:: Work task ::
Set down the lines of the data exactly, starting at the first and stopping after the line containing "-- pending one has a lease.".

Saved entries
==============================
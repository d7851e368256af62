-- ===== src/Outbox/Attempts.antt =====
-- How often an alert is tried.
use swar.Prelude.{
  ℕ, suc, Bool, true, false, List, [], ◌∷◌, ◌+◌, ◌≤◌, ◌||◌, ◌==◌, ◌===◌, Result, ok, err, ◌≡◌, refl,
  arith, update_many, count_many, All-update_many, Bool-cases, inl, inr, All, keep, sort, All-sort,
  All-keep, All-take, take_nil, none, ltb,
}
use swar.Domain.{AlertStatus, alert_status_eq}
use swar.Outbox.Alerts.{Alert, SecurityEvent}
use swar.Outbox.Repository.{
  OutboxError, claim_one, claim_all, claim_dispatchable, claimable, lease, held, delivered, failed,
  write_held, mark_delivered, mark_failed, find_candidates, dispatchable, exhausted,
  dispatched_before,
}
use swar.Outbox.Replay.{to_security_event}
use swar.Outbox.Flush.{
  OutboxLimits, OutboxState, after_failure, after_publish, flush_one, flush_all, flush, published,
  next,
}

-- An alert is not tried more often than the maximum, a failed one was tried that often, and only a
-- pending one has a lease.
pub record IsWellKept (maximum : ℕ) (a : Alert) : Type 0 where
  pub attempts_bounded : a.attempt_count ≤ maximum
  pub failed_late : a.status ≡ AlertStatus.failed → maximum ≤ a.attempt_count
  pub lease_of_pending : (a.status === AlertStatus.pending) ≡ false → a.dispatch_lease_id ≡ none

module _ (maximum : ℕ) where
  lease-IsWellKept :
      (now lease_id at : ℕ) (c x : Alert)
      → ltb c.attempt_count maximum ≡ true
      → claimable now c x ≡ true
      → IsWellKept maximum x
      → IsWellKept maximum (lease lease_id at x)
  unfolding claimable lease
  lease-IsWellKept now l at c x h t w = record {
    attempts_bounded = ground arith;
    failed_late = λ e. ground arith;
    lease_of_pending = λ e. ground arith;
  }

  delivered-IsWellKept :
      (now : ℕ) (rec x : Alert) → IsWellKept maximum x → IsWellKept maximum (delivered now x)
  unfolding delivered
  delivered-IsWellKept now rec x w = record {
    attempts_bounded = w.attempts_bounded;
    failed_late = λ e. ground arith;
    lease_of_pending = λ e. refl;
  }

  failed-IsWellKept :
      (base now : ℕ) (rec x : Alert)
      → held rec x ≡ true
      → IsWellKept maximum x
      → IsWellKept maximum (failed maximum base now rec x)
  unfolding held failed exhausted
  failed-IsWellKept base now rec x t w = record {
    attempts_bounded = w.attempts_bounded;
    failed_late = λ e. ground arith;
    lease_of_pending = λ e. refl;
  }

  claims-IsWellKept :
      (now ms : ℕ) (fresh : ℕ → ℕ) (k : ℕ) (candidates alerts : List Alert)
      → All (λ c. ltb c.attempt_count maximum ≡ true) candidates
      → All (IsWellKept maximum) alerts
      → All (IsWellKept maximum) (claim_all now ms fresh k candidates alerts).0
  unfolding claim_all claim_one
  claims-IsWellKept now ms fresh k [] alerts h w = w
  claims-IsWellKept now ms fresh k (c ∷ cs) alerts h w =
      claims-IsWellKept now ms fresh (suc k) cs _ h.1 (
        All-update_many (IsWellKept maximum) (claimable now c) (lease (fresh k) (now + ms))
          (λ x. lease-IsWellKept now (fresh k) (now + ms) c x h.0) alerts w)

  candidates_dispatchable :
      (limit now : ℕ) (alerts : List Alert)
      → All (λ c. ltb c.attempt_count maximum ≡ true) (find_candidates limit maximum now alerts)
  unfolding find_candidates dispatchable
  candidates_dispatchable limit now alerts = All-take _ limit _ (
      All-sort _ dispatched_before _
        (All-keep _ (dispatchable maximum now) (λ x t. ground arith) alerts))

module _ (limits : OutboxLimits) (now : ℕ) (publishes : SecurityEvent → Bool) where
  abbrev Kept : List Alert → Type 0
  Kept = All (IsWellKept limits.maximum_attempts)

  after_failure-Kept :
      (rec : Alert) (alerts : List Alert)
      → Kept alerts
      → Kept (after_failure limits now publishes rec alerts).1
  unfolding after_failure mark_failed write_held
  after_failure-Kept rec alerts w = elim (Bool-cases (count_many (held rec) alerts == 1)) [
    | inl t ↦ rw t failed_rows
    | inr e ↦ rw e failed_rows
  ]
    where
      failed_rows : Kept (
          update_many
            (held rec)
            (failed limits.maximum_attempts limits.retry_base_ms now rec)
            alerts)
      failed_rows =
          All-update_many (IsWellKept limits.maximum_attempts) (held rec)
            (failed limits.maximum_attempts limits.retry_base_ms now rec)
            (failed-IsWellKept limits.maximum_attempts limits.retry_base_ms now rec) alerts w

  after_publish-Kept :
      (rec : Alert) (alerts : List Alert)
      → Kept alerts
      → Kept (after_publish limits now publishes rec alerts).1
  unfolding after_publish mark_delivered write_held
  after_publish-Kept rec alerts w = elim (Bool-cases (count_many (held rec) alerts == 1)) [
    | inl t ↦ rw t delivered_rows
    | inr e ↦ rw e (after_failure-Kept rec _ delivered_rows)
  ]
    where
      delivered_rows : Kept (update_many (held rec) (delivered now) alerts)
      delivered_rows =
          All-update_many (IsWellKept limits.maximum_attempts) (held rec) (delivered now)
            (λ x t. delivered-IsWellKept limits.maximum_attempts now rec x) alerts w

  flush_one-Kept :
      (rec : Alert) (alerts : List Alert)
      → Kept alerts
      → Kept (flush_one limits now publishes rec alerts).1
  unfolding flush_one
  flush_one-Kept rec alerts w =
      elim (Bool-cases (published publishes (to_security_event now rec))) [
        | inl t ↦ rw t (after_publish-Kept rec alerts w)
        | inr e ↦ rw e (after_failure-Kept rec alerts w)
      ]

  next-Kept :
      (loop : List Alert → Result OutboxError ℕ × List Alert)
      (r : Result OutboxError ℕ × List Alert)
      → ((after : List Alert) → Kept after → Kept (loop after).1)
      → Kept r.1
      → Kept (next limits now publishes loop r).1
  next-Kept loop (err e, after) k w = w
  next-Kept loop (ok m, after) k w = k after w

  flush_all-Kept :
      (records alerts : List Alert)
      → Kept alerts
      → Kept (flush_all limits now publishes records alerts).1
  unfolding flush_all
  flush_all-Kept [] alerts w = w
  flush_all-Kept (rec ∷ records) alerts w =
      next-Kept (flush_all limits now publishes records) (flush_one limits now publishes rec alerts)
        (flush_all-Kept records) (flush_one-Kept rec alerts w)

  -- A flush, whether it returns or throws, keeps it so that no alert is tried more often than the
  -- maximum, that an alert fails only after that many attempts, and that only a pending alert has a
  -- lease.
  pub flush_keeps_attempts :
      (fresh : ℕ → ℕ) (s : OutboxState)
      → All (IsWellKept limits.maximum_attempts) s.alerts
      → All (IsWellKept limits.maximum_attempts) (flush limits now publishes fresh s).1.alerts
  unfolding flush claim_dispatchable
  flush_keeps_attempts fresh s w = elim (Bool-cases (s.flushing || s.shutting_down)) [
    | inl t ↦ rw t w
    | inr e ↦ rw e (
        flush_all-Kept
          (claim_dispatchable limits.batch_size limits.maximum_attempts limits.lease_ms fresh now
            s.alerts).1
          _
          (claims-IsWellKept limits.maximum_attempts now limits.lease_ms fresh 0 _ s.alerts
            (candidates_dispatchable limits.maximum_attempts limits.batch_size now s.alerts) w))
  ]

  none_dispatchable :
      (alerts : List Alert)
      → All (λ a. limits.maximum_attempts ≤ a.attempt_count) alerts
      → keep (dispatchable limits.maximum_attempts now) alerts ≡ []
  unfolding dispatchable
  none_dispatchable [] h = refl
  none_dispatchable (a ∷ alerts) h = ground (arith, none_dispatchable alerts h.1)

  -- Where every alert was tried as often as the maximum, a flush delivers nothing and changes
  -- nothing: an alert that is pending after its last attempt stays so.
  pub last_attempt_lost :
      (fresh : ℕ → ℕ) (s : OutboxState)
      → All (λ a. limits.maximum_attempts ≤ a.attempt_count) s.alerts
      → ((flush limits now publishes fresh s).0 ≡ ok 0)
        × ((flush limits now publishes fresh s).1.alerts ≡ s.alerts)
  unfolding flush claim_dispatchable find_candidates claim_all flush_all sort
  last_attempt_lost fresh s h = elim (Bool-cases (s.flushing || s.shutting_down)) [
    | inl t ↦ rw t (refl, refl)
    | inr e ↦ rw (e, none_dispatchable s.alerts h, take_nil limits.batch_size) (refl, refl)
  ]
==============================
:: Response box ::
repository d7851e368256af62
-- ===== src/Outbox/Attempts.antt =====
-- How often an alert is tried.
use swar.Prelude.{
  ℕ, suc, Bool, true, false, List, [], ◌∷◌, ◌+◌, ◌≤◌, ◌||◌, ◌==◌, ◌===◌, Result, ok, err, ◌≡◌, refl,
  arith, update_many, count_many, All-update_many, Bool-cases, inl, inr, All, keep, sort, All-sort,
  All-keep, All-take, take_nil, none, ltb,
}
use swar.Domain.{AlertStatus, alert_status_eq}
use swar.Outbox.Alerts.{Alert, SecurityEvent}
use swar.Outbox.Repository.{
  OutboxError, claim_one, claim_all, claim_dispatchable, claimable, lease, held, delivered, failed,
  write_held, mark_delivered, mark_failed, find_candidates, dispatchable, exhausted,
  dispatched_before,
}
use swar.Outbox.Replay.{to_security_event}
use swar.Outbox.Flush.{
  OutboxLimits, OutboxState, after_failure, after_publish, flush_one, flush_all, flush, published,
  next,
}

-- An alert is not tried more often than the maximum, a failed one was tried that often, and only a
-- pending one has a lease.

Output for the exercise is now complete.